● What the task asks: Please state how many lines in the records below contain the word "CanonicalMessageCommitInput"; the answer should be a number and nothing else.

● Records provided:
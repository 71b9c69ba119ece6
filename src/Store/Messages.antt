-- ===== src/Store/Messages.antt =====
-- `commitMessage` of RoomsRepository in roomsd/src/storage/repository.ts. The random event id is an
-- argument.
use wardroom.Base.{
  ℕ, String, Bool, true, false, ◌&&◌, ◌||◌, not, Option, none, some, List, [], ◌∷◌, map,
  if◌then◌else◌, is_some, ◌===◌, first, select,
}
use wardroom.Contracts.{
  DeliveryStatus, delivered, queued, undeliverable, Target, Correlation,
  CanonicalMessageCommitInput, MessageEvent, message_sent, Change, MutationReceipt, unknown_session,
}
use wardroom.Store.{
  Database, M, ◌>>=◌, ◌>>◌, return, throw_if, get, Times, current_session, append_change,
}
use wardroom.Store.Replies.{message_of, or_else, ReplyMetadata, resolve_reply_metadata}

pub record MessageReceipt : Type 0 where
  pub receipt : MutationReceipt
  pub event : MessageEvent
  pub was_deduplicated : Bool

abbrev pub target_session : Target → Option String
target_session target = or_else target.session_id target.legacy_session_id

-- `!recipientSessionId || !this.currentSession(recipientSessionId)`
abbrev unknown_recipient : Database → Option String → Bool
unknown_recipient db none = true
unknown_recipient db (some id) = id === "" || not (is_some (current_session db id))

abbrev pub bad_recipient : Database → Option Target → Bool
bad_recipient db none = false
bad_recipient db (some target) =
    (target.kind === "direct" || target.kind === "directToSession")
    && unknown_recipient db (target_session target)

-- A deduplication key that counts: the empty text is falsy.
abbrev pub key_of : Option Correlation → Option String
key_of none = none
key_of (some c) = elim c.deduplication_key [
  | none ↦ none
  | some key ↦ if key === "" then none else some key
]

abbrev holds_key : String → Option String → Bool
holds_key key none = false
holds_key key (some k) = k === key

abbrev pub sent_with : String → Option MessageEvent → Bool
sent_with key none = false
sent_with key (some e) = holds_key key (key_of e.correlation)

-- The changes that the query for an earlier message with the key finds.
abbrev pub is_prior : Option String → Change → Bool
is_prior none c = false
is_prior (some key) c = sent_with key (message_of c.payload)

abbrev all_some : List String → List (Option String)
all_some = map some

abbrev listed : Option (List String) → List String
listed none = []
listed (some ids) = ids

abbrev pub recipients_of : Option Target → List (Option String)
recipients_of none = []
recipients_of (some target) =
    if target.kind === "direct"
    then target.session_id ∷ []
    else all_some (listed target.session_ids)

-- The property name of a recipient.
abbrev pub property_name : Option String → String
property_name none = "undefined"
property_name (some id) = id

abbrev all_delivered : List (Option String) → List (String × DeliveryStatus)
all_delivered = map (λ id. (property_name id, delivered))

abbrev pub statuses_of :
    Option (List (String × DeliveryStatus)) → List (Option String) → List (String × DeliveryStatus)
statuses_of none recipients = all_delivered recipients
statuses_of (some statuses) recipients = statuses

abbrev is_delivered : Option (String × DeliveryStatus) → Bool
is_delivered none = false
is_delivered (some (id, status)) = elim status [
  | delivered ↦ true
  | queued ↦ false
  | undeliverable ↦ false
]

-- `statuses[id] === "delivered"`
abbrev pub reached : List (String × DeliveryStatus) → Option String → Bool
reached statuses id =
    is_delivered (first (λ (s : String × DeliveryStatus). s.0 === property_name id) statuses)

abbrev pub new_event : CanonicalMessageCommitInput → ReplyMetadata → String → ℕ → MessageEvent
new_event input reply id at =
    let recipients = recipients_of input.target in
    let statuses = statuses_of input.delivery_statuses recipients in
    record {
      id = id;
      channel_id = input.channel_id;
      sender_session_id = input.sender_session_id;
      body = input.body;
      target = input.target;
      attachment_references = listed input.attachment_references;
      delivered_recipient_session_ids = select (reached statuses) recipients;
      recipient_statuses = statuses;
      correlation = reply.correlation;
      reply_to_event_id = reply.reply_to_event_id;
      thread_root_event_id = reply.thread_root_event_id;
      occurred_at = at;
    }

send : CanonicalMessageCommitInput → ReplyMetadata → String → Times → M MessageReceipt
send input reply id t = do
  receipt ← append_change (message_sent (new_event input reply id t.at)) input.channel_id t.noted
  return (record {
    receipt = receipt;
    event = new_event input reply id t.at;
    was_deduplicated = false;
  })

abbrev pub repeat_of : Change → MessageEvent → MessageReceipt
repeat_of prior event = record {
  receipt = record { cursor = prior.cursor; did_append = false; changes = [] };
  event = event;
  was_deduplicated = true;
}

-- What the store answers when the key was used before: the earlier event.
answer : Option Change → M MessageReceipt → M MessageReceipt
answer none next = next
answer (some prior) next = elim (message_of prior.payload) [
  | none ↦ next
  | some event ↦ return (repeat_of prior event)
]

unfoldable pub commit_message : CanonicalMessageCommitInput → String → Times → M MessageReceipt
unfolding send answer
commit_message input id t = do
  db ← get
  throw_if (bad_recipient db input.target) unknown_session
  reply ← resolve_reply_metadata input
  answer (first (is_prior (key_of reply.correlation)) db.changes) (send input reply id t)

● Solution to this exercise: 4